### Task details:
Transcribe the entire listing below exactly.

### Records for the task:

=-=-=-=-=

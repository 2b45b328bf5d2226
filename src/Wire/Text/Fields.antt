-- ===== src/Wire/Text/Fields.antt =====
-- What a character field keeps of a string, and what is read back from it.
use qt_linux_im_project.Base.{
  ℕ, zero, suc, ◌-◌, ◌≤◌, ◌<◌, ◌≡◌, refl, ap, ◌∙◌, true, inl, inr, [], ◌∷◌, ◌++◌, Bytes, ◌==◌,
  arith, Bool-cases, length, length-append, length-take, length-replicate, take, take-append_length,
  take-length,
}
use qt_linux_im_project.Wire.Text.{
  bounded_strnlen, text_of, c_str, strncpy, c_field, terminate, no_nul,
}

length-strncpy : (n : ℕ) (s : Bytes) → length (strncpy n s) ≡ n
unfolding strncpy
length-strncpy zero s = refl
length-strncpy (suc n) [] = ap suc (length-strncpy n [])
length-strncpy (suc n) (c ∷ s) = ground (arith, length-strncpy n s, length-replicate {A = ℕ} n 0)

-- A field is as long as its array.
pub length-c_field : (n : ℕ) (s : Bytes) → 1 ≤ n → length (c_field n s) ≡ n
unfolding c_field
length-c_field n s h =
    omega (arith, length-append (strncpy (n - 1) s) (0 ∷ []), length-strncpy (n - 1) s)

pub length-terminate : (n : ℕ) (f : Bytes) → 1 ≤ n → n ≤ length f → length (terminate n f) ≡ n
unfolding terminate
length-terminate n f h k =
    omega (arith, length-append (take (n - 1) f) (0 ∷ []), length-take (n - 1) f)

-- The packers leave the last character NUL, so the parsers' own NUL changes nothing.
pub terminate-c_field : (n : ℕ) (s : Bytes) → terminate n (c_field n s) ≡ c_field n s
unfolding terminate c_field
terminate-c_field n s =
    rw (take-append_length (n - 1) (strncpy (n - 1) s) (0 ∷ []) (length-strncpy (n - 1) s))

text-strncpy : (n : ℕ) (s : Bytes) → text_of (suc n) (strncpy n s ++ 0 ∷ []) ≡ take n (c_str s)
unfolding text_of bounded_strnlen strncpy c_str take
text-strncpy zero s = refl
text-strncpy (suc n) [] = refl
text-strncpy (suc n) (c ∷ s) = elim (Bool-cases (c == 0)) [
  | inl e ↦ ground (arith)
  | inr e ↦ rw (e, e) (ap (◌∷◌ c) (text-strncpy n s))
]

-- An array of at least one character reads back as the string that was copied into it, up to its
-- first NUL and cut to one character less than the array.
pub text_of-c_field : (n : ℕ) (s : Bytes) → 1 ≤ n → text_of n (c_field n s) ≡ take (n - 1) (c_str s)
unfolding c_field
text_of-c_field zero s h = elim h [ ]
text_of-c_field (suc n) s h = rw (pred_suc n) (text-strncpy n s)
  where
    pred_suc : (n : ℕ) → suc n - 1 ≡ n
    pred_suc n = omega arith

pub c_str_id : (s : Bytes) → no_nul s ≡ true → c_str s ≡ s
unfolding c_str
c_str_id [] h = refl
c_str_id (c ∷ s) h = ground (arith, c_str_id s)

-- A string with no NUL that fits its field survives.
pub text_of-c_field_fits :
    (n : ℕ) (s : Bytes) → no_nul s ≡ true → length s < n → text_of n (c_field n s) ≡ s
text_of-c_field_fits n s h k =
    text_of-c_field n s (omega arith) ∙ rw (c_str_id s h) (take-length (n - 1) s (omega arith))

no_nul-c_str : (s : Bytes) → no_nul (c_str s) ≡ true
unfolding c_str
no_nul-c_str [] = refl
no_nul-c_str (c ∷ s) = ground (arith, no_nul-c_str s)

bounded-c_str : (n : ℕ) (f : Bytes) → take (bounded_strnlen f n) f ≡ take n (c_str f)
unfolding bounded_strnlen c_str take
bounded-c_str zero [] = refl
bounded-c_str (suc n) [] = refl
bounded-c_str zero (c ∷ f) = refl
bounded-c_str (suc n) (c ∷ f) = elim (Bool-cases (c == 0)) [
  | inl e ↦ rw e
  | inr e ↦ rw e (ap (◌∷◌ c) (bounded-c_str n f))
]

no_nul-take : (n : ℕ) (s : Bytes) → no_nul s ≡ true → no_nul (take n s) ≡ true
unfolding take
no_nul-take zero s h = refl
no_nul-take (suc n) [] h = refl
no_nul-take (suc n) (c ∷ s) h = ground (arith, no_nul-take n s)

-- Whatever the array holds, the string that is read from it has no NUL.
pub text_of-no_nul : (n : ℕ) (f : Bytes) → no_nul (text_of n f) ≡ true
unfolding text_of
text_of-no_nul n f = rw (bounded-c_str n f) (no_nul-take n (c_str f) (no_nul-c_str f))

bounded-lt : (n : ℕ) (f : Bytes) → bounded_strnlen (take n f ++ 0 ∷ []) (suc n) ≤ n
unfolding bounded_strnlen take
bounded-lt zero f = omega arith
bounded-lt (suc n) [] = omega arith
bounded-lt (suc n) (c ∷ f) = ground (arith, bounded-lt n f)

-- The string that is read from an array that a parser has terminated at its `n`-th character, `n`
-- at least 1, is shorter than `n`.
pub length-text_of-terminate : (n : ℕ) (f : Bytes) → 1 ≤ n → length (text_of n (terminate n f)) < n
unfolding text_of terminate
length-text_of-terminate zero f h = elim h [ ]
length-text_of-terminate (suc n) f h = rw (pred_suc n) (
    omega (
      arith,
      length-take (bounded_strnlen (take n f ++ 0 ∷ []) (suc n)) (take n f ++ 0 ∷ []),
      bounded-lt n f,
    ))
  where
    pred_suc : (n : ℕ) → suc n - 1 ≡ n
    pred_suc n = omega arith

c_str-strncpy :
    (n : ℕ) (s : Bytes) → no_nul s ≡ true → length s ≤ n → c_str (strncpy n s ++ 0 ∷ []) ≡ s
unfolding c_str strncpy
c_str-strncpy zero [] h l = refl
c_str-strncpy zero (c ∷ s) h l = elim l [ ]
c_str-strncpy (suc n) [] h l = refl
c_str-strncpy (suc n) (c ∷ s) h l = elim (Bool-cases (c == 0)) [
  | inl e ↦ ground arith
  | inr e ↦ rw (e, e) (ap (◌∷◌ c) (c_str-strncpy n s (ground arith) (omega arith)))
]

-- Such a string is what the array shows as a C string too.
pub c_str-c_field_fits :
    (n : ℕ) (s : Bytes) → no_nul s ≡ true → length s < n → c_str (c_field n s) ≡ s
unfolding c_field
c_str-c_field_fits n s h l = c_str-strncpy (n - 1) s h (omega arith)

=-=-=-=-=

### Answer to this problem:
repository 2b45b328bf5d2226
filename src/Wire/Text/Fields.antt
-- ===== src/Wire/Text/Fields.antt =====
-- What a character field keeps of a string, and what is read back from it.
use qt_linux_im_project.Base.{
  ℕ, zero, suc, ◌-◌, ◌≤◌, ◌<◌, ◌≡◌, refl, ap, ◌∙◌, true, inl, inr, [], ◌∷◌, ◌++◌, Bytes, ◌==◌,
  arith, Bool-cases, length, length-append, length-take, length-replicate, take, take-append_length,
  take-length,
}
use qt_linux_im_project.Wire.Text.{
  bounded_strnlen, text_of, c_str, strncpy, c_field, terminate, no_nul,
}

length-strncpy : (n : ℕ) (s : Bytes) → length (strncpy n s) ≡ n
unfolding strncpy
length-strncpy zero s = refl
length-strncpy (suc n) [] = ap suc (length-strncpy n [])
length-strncpy (suc n) (c ∷ s) = ground (arith, length-strncpy n s, length-replicate {A = ℕ} n 0)

-- A field is as long as its array.
pub length-c_field : (n : ℕ) (s : Bytes) → 1 ≤ n → length (c_field n s) ≡ n
unfolding c_field
length-c_field n s h =
    omega (arith, length-append (strncpy (n - 1) s) (0 ∷ []), length-strncpy (n - 1) s)

pub length-terminate : (n : ℕ) (f : Bytes) → 1 ≤ n → n ≤ length f → length (terminate n f) ≡ n
unfolding terminate
length-terminate n f h k =
    omega (arith, length-append (take (n - 1) f) (0 ∷ []), length-take (n - 1) f)

-- The packers leave the last character NUL, so the parsers' own NUL changes nothing.
pub terminate-c_field : (n : ℕ) (s : Bytes) → terminate n (c_field n s) ≡ c_field n s
unfolding terminate c_field
terminate-c_field n s =
    rw (take-append_length (n - 1) (strncpy (n - 1) s) (0 ∷ []) (length-strncpy (n - 1) s))

text-strncpy : (n : ℕ) (s : Bytes) → text_of (suc n) (strncpy n s ++ 0 ∷ []) ≡ take n (c_str s)
unfolding text_of bounded_strnlen strncpy c_str take
text-strncpy zero s = refl
text-strncpy (suc n) [] = refl
text-strncpy (suc n) (c ∷ s) = elim (Bool-cases (c == 0)) [
  | inl e ↦ ground (arith)
  | inr e ↦ rw (e, e) (ap (◌∷◌ c) (text-strncpy n s))
]

-- An array of at least one character reads back as the string that was copied into it, up to its
-- first NUL and cut to one character less than the array.
pub text_of-c_field : (n : ℕ) (s : Bytes) → 1 ≤ n → text_of n (c_field n s) ≡ take (n - 1) (c_str s)
unfolding c_field
text_of-c_field zero s h = elim h [ ]
text_of-c_field (suc n) s h = rw (pred_suc n) (text-strncpy n s)
  where
    pred_suc : (n : ℕ) → suc n - 1 ≡ n
    pred_suc n = omega arith

pub c_str_id : (s : Bytes) → no_nul s ≡ true → c_str s ≡ s
unfolding c_str
c_str_id [] h = refl
c_str_id (c ∷ s) h = ground (arith, c_str_id s)

-- A string with no NUL that fits its field survives.
pub text_of-c_field_fits :
    (n : ℕ) (s : Bytes) → no_nul s ≡ true → length s < n → text_of n (c_field n s) ≡ s
text_of-c_field_fits n s h k =
    text_of-c_field n s (omega arith) ∙ rw (c_str_id s h) (take-length (n - 1) s (omega arith))

no_nul-c_str : (s : Bytes) → no_nul (c_str s) ≡ true
unfolding c_str
no_nul-c_str [] = refl
no_nul-c_str (c ∷ s) = ground (arith, no_nul-c_str s)

bounded-c_str : (n : ℕ) (f : Bytes) → take (bounded_strnlen f n) f ≡ take n (c_str f)
unfolding bounded_strnlen c_str take
bounded-c_str zero [] = refl
bounded-c_str (suc n) [] = refl
bounded-c_str zero (c ∷ f) = refl
bounded-c_str (suc n) (c ∷ f) = elim (Bool-cases (c == 0)) [
  | inl e ↦ rw e
  | inr e ↦ rw e (ap (◌∷◌ c) (bounded-c_str n f))
]

no_nul-take : (n : ℕ) (s : Bytes) → no_nul s ≡ true → no_nul (take n s) ≡ true
unfolding take
no_nul-take zero s h = refl
no_nul-take (suc n) [] h = refl
no_nul-take (suc n) (c ∷ s) h = ground (arith, no_nul-take n s)

-- Whatever the array holds, the string that is read from it has no NUL.
pub text_of-no_nul : (n : ℕ) (f : Bytes) → no_nul (text_of n f) ≡ true
unfolding text_of
text_of-no_nul n f = rw (bounded-c_str n f) (no_nul-take n (c_str f) (no_nul-c_str f))

bounded-lt : (n : ℕ) (f : Bytes) → bounded_strnlen (take n f ++ 0 ∷ []) (suc n) ≤ n
unfolding bounded_strnlen take
bounded-lt zero f = omega arith
bounded-lt (suc n) [] = omega arith
bounded-lt (suc n) (c ∷ f) = ground (arith, bounded-lt n f)

-- The string that is read from an array that a parser has terminated at its `n`-th character, `n`
-- at least 1, is shorter than `n`.
pub length-text_of-terminate : (n : ℕ) (f : Bytes) → 1 ≤ n → length (text_of n (terminate n f)) < n
unfolding text_of terminate
length-text_of-terminate zero f h = elim h [ ]
length-text_of-terminate (suc n) f h = rw (pred_suc n) (
    omega (
      arith,
      length-take (bounded_strnlen (take n f ++ 0 ∷ []) (suc n)) (take n f ++ 0 ∷ []),
      bounded-lt n f,
    ))
  where
    pred_suc : (n : ℕ) → suc n - 1 ≡ n
    pred_suc n = omega arith

c_str-strncpy :
    (n : ℕ) (s : Bytes) → no_nul s ≡ true → length s ≤ n → c_str (strncpy n s ++ 0 ∷ []) ≡ s
unfolding c_str strncpy
c_str-strncpy zero [] h l = refl
c_str-strncpy zero (c ∷ s) h l = elim l [ ]
c_str-strncpy (suc n) [] h l = refl
c_str-strncpy (suc n) (c ∷ s) h l = elim (Bool-cases (c == 0)) [
  | inl e ↦ ground arith
  | inr e ↦ rw (e, e) (ap (◌∷◌ c) (c_str-strncpy n s (ground arith) (omega arith)))
]

-- Such a string is what the array shows as a C string too.
pub c_str-c_field_fits :
    (n : ℕ) (s : Bytes) → no_nul s ≡ true → length s < n → c_str (c_field n s) ≡ s
unfolding c_field
c_str-c_field_fits n s h l = c_str-strncpy (n - 1) s h (omega arith)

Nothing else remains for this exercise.